Wurzelentzündung & Zysten
Wenn sich an der Wurzelspitze eine Entzündung oder Zyste gebildet hat, die trotz Wurzelbehandlung nicht abheilt.
Kieferorthopädische Indikation
Manchmal müssen Zähne entfernt werden, um Platz für eine kieferorthopädische Behandlung zu schaffen – besonders bei starkem Engstand.
Vorbereitung auf Bestrahlung
Vor einer Strahlentherapie im Kopf-Hals-Bereich oder unter Bisphosphonat-Therapie entferne ich gefährdete Zähne vorbeugend, um spätere Komplikationen zu vermeiden.2
Entscheidungshilfe
Zahn erhalten oder ziehen? So berate ich Sie.

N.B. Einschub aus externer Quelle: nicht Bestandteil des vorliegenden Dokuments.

-- ===== src/Map/Factors.antt =====
-- common/map.c: `_divisors` lists exactly the divisors, in ascending order.
use native.Mathlib.Decide.{ℕ_discrete, dec_le, dec_lt}
use mathlib.Core.Path.{subst₂}
use cfio.Prelude.{
  ℕ, ◌+◌, ◌-◌, ◌*◌, ◌/◌, ◌%◌, ◌<◌, ◌≤◌, ◌≡◌, ◌≢◌, sym, ◌∙◌, ap, ◌⊎◌, inl, inr, subst, List, ◌++◌,
  ◌==◌, ==_iff, length, length-append, arith, Bool-cases,
}
use cfio.Map.{mirrored}
use cfio.Map.Exact.{small_divisors, divisors}
use cfio.Map.Divisors.{
  nth, IsFactors, nth-append_left, nth-append_right, length-mirrored, nth-mirrored, IsSmall,
  small_divisors-IsSmall, small_divisors_complete, cofactor, mod_cofactor, cofactor_pos,
  cofactor_anti, cofactor_cross, cofactor_cofactor, mul_le, mul_lt, square_below,
}

-- The entries that the second loop mirrors: all but a square root of `n`.
module _ (n : ℕ) (pos : 0 < n) (xs : List ℕ) (s : IsSmall 1 n xs) (m : ℕ)
    (some_entry : 0 < length xs)
    (size : ((m ≡ length xs) × (nth xs (length xs - 1) * nth xs (length xs - 1) ≢ n))
      ⊎ ((m + 1 ≡ length xs) × (nth xs (length xs - 1) * nth xs (length xs - 1) ≡ n))) where
  abbrev last : ℕ
  last = nth xs (length xs - 1)

  m_le : m ≤ length xs
  m_le = omega arith

  le_last : (k : ℕ) → k < length xs → nth xs k ≤ last
  le_last k h = elim (dec_lt k (length xs - 1)) [
    | yes p ↦ omega (arith, s.ascending k (length xs - 1) p (omega arith))
    | no q ↦ let e : k ≡ length xs - 1 = omega arith in omega (arith, ap (nth xs) e)
  ]

  product_lt : (j k : ℕ) → j < length xs → k < m → nth xs j * nth xs k < n
  product_lt j k hj hk =
      let (lo, sq, _) = s.sound (length xs - 1) (omega arith) in
      let a = le_last j hj in
      elim size [
        | inl (e, ne) ↦
            let b = le_last k (omega arith) in omega (arith, mul_le (nth xs j) (nth xs k) last a b)
        | inr (e, eq) ↦
            let b = s.ascending k (length xs - 1) (omega arith) (omega arith) in
            omega (arith, mul_lt (nth xs j) (nth xs k) last a b)
      ]

  abbrev all : List ℕ
  all = xs ++ mirrored m xs n

  length-all : length all ≡ length xs + m
  length-all = length-append xs (mirrored m xs n) ∙ ap (λ k. length xs + k) (length-mirrored m xs n)

  nth_small : (k : ℕ) → k < length xs → nth all k ≡ nth xs k
  nth_small k h = nth-append_left xs (mirrored m xs n) k h

  nth_large : (k : ℕ) → k < m → nth all (length xs + k) ≡ n / nth xs (m - 1 - k)
  nth_large k h = nth-append_right xs (mirrored m xs n) k ∙ nth-mirrored m xs n k h

  div_of : (k : ℕ) → k < length xs → n % nth xs k ≡ 0
  div_of k h = (s.sound k h).2

  all_divides : (k : ℕ) → k < length all → (0 < nth all k) × (n % nth all k ≡ 0)
  all_divides k h = elim (dec_lt k (length xs)) [
    | yes p ↦ let (lo, _, div) = s.sound k p in rw (nth_small k p) (omega arith, div)
    | no q ↦
        let i = k - length xs in
        let hi : i < m = omega (arith, length-all) in
        let e : length xs + i ≡ k = omega arith in
        let div = div_of (m - 1 - i) (omega (arith, m_le)) in
        subst (λ j. (0 < nth all j) × (n % nth all j ≡ 0)) e
          (rw (nth_large i hi)
            (cofactor_pos n (nth xs (m - 1 - i)) pos div, mod_cofactor n (nth xs (m - 1 - i)) div))
  ]

  all_ascending_large :
      (j k : ℕ) → j < k → k < m → nth all (length xs + j) < nth all (length xs + k)
  all_ascending_large j k h l =
      rw (nth_large j (omega arith), nth_large k l)
        (cofactor_anti n (nth xs (m - 1 - j)) (nth xs (m - 1 - k)) pos
          (div_of (m - 1 - j) (omega (arith, m_le))) (div_of (m - 1 - k) (omega (arith, m_le)))
          (s.ascending (m - 1 - k) (m - 1 - j) (omega arith) (omega (arith, m_le))))

  all_ascending_cross : (j k : ℕ) → j < length xs → k < m → nth all j < nth all (length xs + k)
  all_ascending_cross j k h l =
      rw (nth_small j h, nth_large k l)
        (cofactor_cross n (nth xs j) (nth xs (m - 1 - k)) (div_of (m - 1 - k) (omega (arith, m_le)))
          (product_lt j (m - 1 - k) h (omega arith)))

  all_ascending : (j k : ℕ) → j < k → k < length all → nth all j < nth all k
  all_ascending j k h l = elim (dec_lt k (length xs)) [
    | yes p ↦ rw (nth_small j (omega arith), nth_small k p) (s.ascending j k h p)
    | no q ↦
        let e : length xs + (k - length xs) ≡ k = omega arith in
        let hk : k - length xs < m = omega (arith, length-all) in
        elim (dec_lt j (length xs)) [
          | yes p ↦
              subst (λ t. nth all j < nth all t) e (all_ascending_cross j (k - length xs) p hk)
          | no r ↦
              let f : length xs + (j - length xs) ≡ j = omega arith in
              subst₂ (λ u t. nth all u < nth all t) f e
                (all_ascending_large (j - length xs) (k - length xs) (omega arith) hk)
        ]
  ]

  module _
      (small : (d : ℕ)
        → 0 < d
        → d * d ≤ n
        → n % d ≡ 0
        → (k : ℕ) × (k < length xs) × (nth xs k ≡ d)) where
    large_at :
        (d : ℕ) → 0 < d → n < d * d → n % d ≡ 0 → (k : ℕ) × (k < m) × (n / nth xs (m - 1 - k) ≡ d)
    large_at d pd big div =
        let c = cofactor n d div in
        let pe = cofactor_pos n d pos div in
        let below : n / d * (n / d) < n = square_below n d (n / d) c big pe in
        let (j, lj, ej) = small (n / d) pe (omega arith) (mod_cofactor n d div) in
        let hm : j < m = elim size [
          | inl (e, _) ↦ omega arith
          | inr (e, eq) ↦ elim (ℕ_discrete j (length xs - 1)) [
            | no ne ↦ omega arith
            | yes same ↦
                let at : last ≡ n / d = ap (nth xs) (sym same) ∙ ej in
                absurd (omega (arith, ap (λ t. t * t) at))
          ]
        ] in
        (
          m - 1 - j,
          omega arith,
          ap (λ t. n / nth xs t) (let e : m - 1 - (m - 1 - j) ≡ j = omega arith in e)
              ∙ ap (λ t. n / t) ej
              ∙ cofactor_cofactor n d pos div,
        )

    all_complete : (d : ℕ) → 0 < d → n % d ≡ 0 → (k : ℕ) × (k < length all) × (nth all k ≡ d)
    all_complete d pd div = elim (dec_le (d * d) n) [
      | yes near ↦
          let (k, l, e) = small d pd near div in (k, omega (arith, length-all), nth_small k l ∙ e)
      | no far ↦
          let (k, l, e) = large_at d pd (omega arith) div in
          (length xs + k, omega (arith, length-all), nth_large k l ∙ e)
    ]

    all-IsFactors : IsFactors n all
    all-IsFactors = record {
      divides = all_divides;
      complete = all_complete;
      ascending = all_ascending;
    }

-- For a positive number _divisors lists exactly its positive divisors, in strictly ascending
-- order.
pub divisors-IsFactors : (n : ℕ) → 0 < n → IsFactors n (divisors n)
unfolding divisors
divisors-IsFactors n pos =
    let xs = small_divisors n 1 n in
    let s = small_divisors-IsSmall n 1 n in
    let small = λ (d : ℕ) (pd : 0 < d) (sq : d * d ≤ n) (div : n % d ≡ 0).
      small_divisors_complete n 1 n d (omega arith) (grind arith) sq div in
    let (_, first, _) = small 1 (omega arith) (omega arith) (omega arith) in
    let top = nth xs (length xs - 1) in
    elim (Bool-cases (top * top == n)) [
      | inl eq ↦ rw eq (
          all-IsFactors n pos xs s (length xs - 1) (omega arith)
            (inr (omega arith, (==_iff (top * top) n).0 eq)) small)
      | inr ne ↦ rw ne (
          all-IsFactors n pos xs s (length xs - 1 + 1) (omega arith)
            (inl (omega arith, ground arith)) small)
    ]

Bevor ich einen Zahn entferne, prüfe ich immer, ob er noch zu retten ist. Manchmal lohnt sich der Erhalt, manchmal ist die Extraktion die klügere Entscheidung. Hier meine ehrliche Einschätzung:
Wann sich der Erhalt lohnt
Wenn die Zahnsubstanz ausreicht für eine Krone, die Wurzelbehandlung Erfolg verspricht, oder der Zahn als Brückenpfeiler oder Prothesenanker dienen kann. Auch ein Zahn mit leichter Lockerung durch Parodontitis kann manchmal stabilisiert werden.
Wann Ziehen sinnvoller ist
Wenn die Zerstörung zu weit fortgeschritten ist, eine chronische Entzündung den Knochen abbaut, der Zahn Nachbarzähne gefährdet oder die Kosten für eine Rettung in keinem Verhältnis zum Ergebnis stehen. In diesen Fällen ist die Extraktion mit anschließendem Zahnersatz oft die nachhaltigere Lösung.
In einem persönlichen Gespräch erkläre ich Ihnen Ihre Optionen – verständlich und ohne Zeitdruck.

Ihr Chirurg
Warum die Zahnentfernung beim Kieferchirurgen?
Nicht jede Zahnentfernung ist einfach. Tief zerstörte Wurzeln, abgebrochene Zähne, verwachsene Wurzeln oder Zähne in Nervnähe – das sind Situationen, in denen chirurgische Erfahrung den Unterschied macht. In meiner Kieferchirurgie in Hamburg-Niendorf mache ich seit 1995 nichts anderes als Chirurgie – Tag für Tag.
Viele Zahnärzte aus Hamburg und dem Umland überweisen ihre Patienten gezielt zu mir, wenn eine Zahnentfernung komplex wird. Das bedeutet: Nicht nur Patienten vertrauen mir – auch ihre Zahnärzte.
Schritt für Schritt
Ablauf der Zahnextraktion in sechs Schritten: so gehe ich vor
Ich erkläre Ihnen vor jedem einzelnen Schritt, was passiert. Keine Überraschungen, kein unnötiger Stress.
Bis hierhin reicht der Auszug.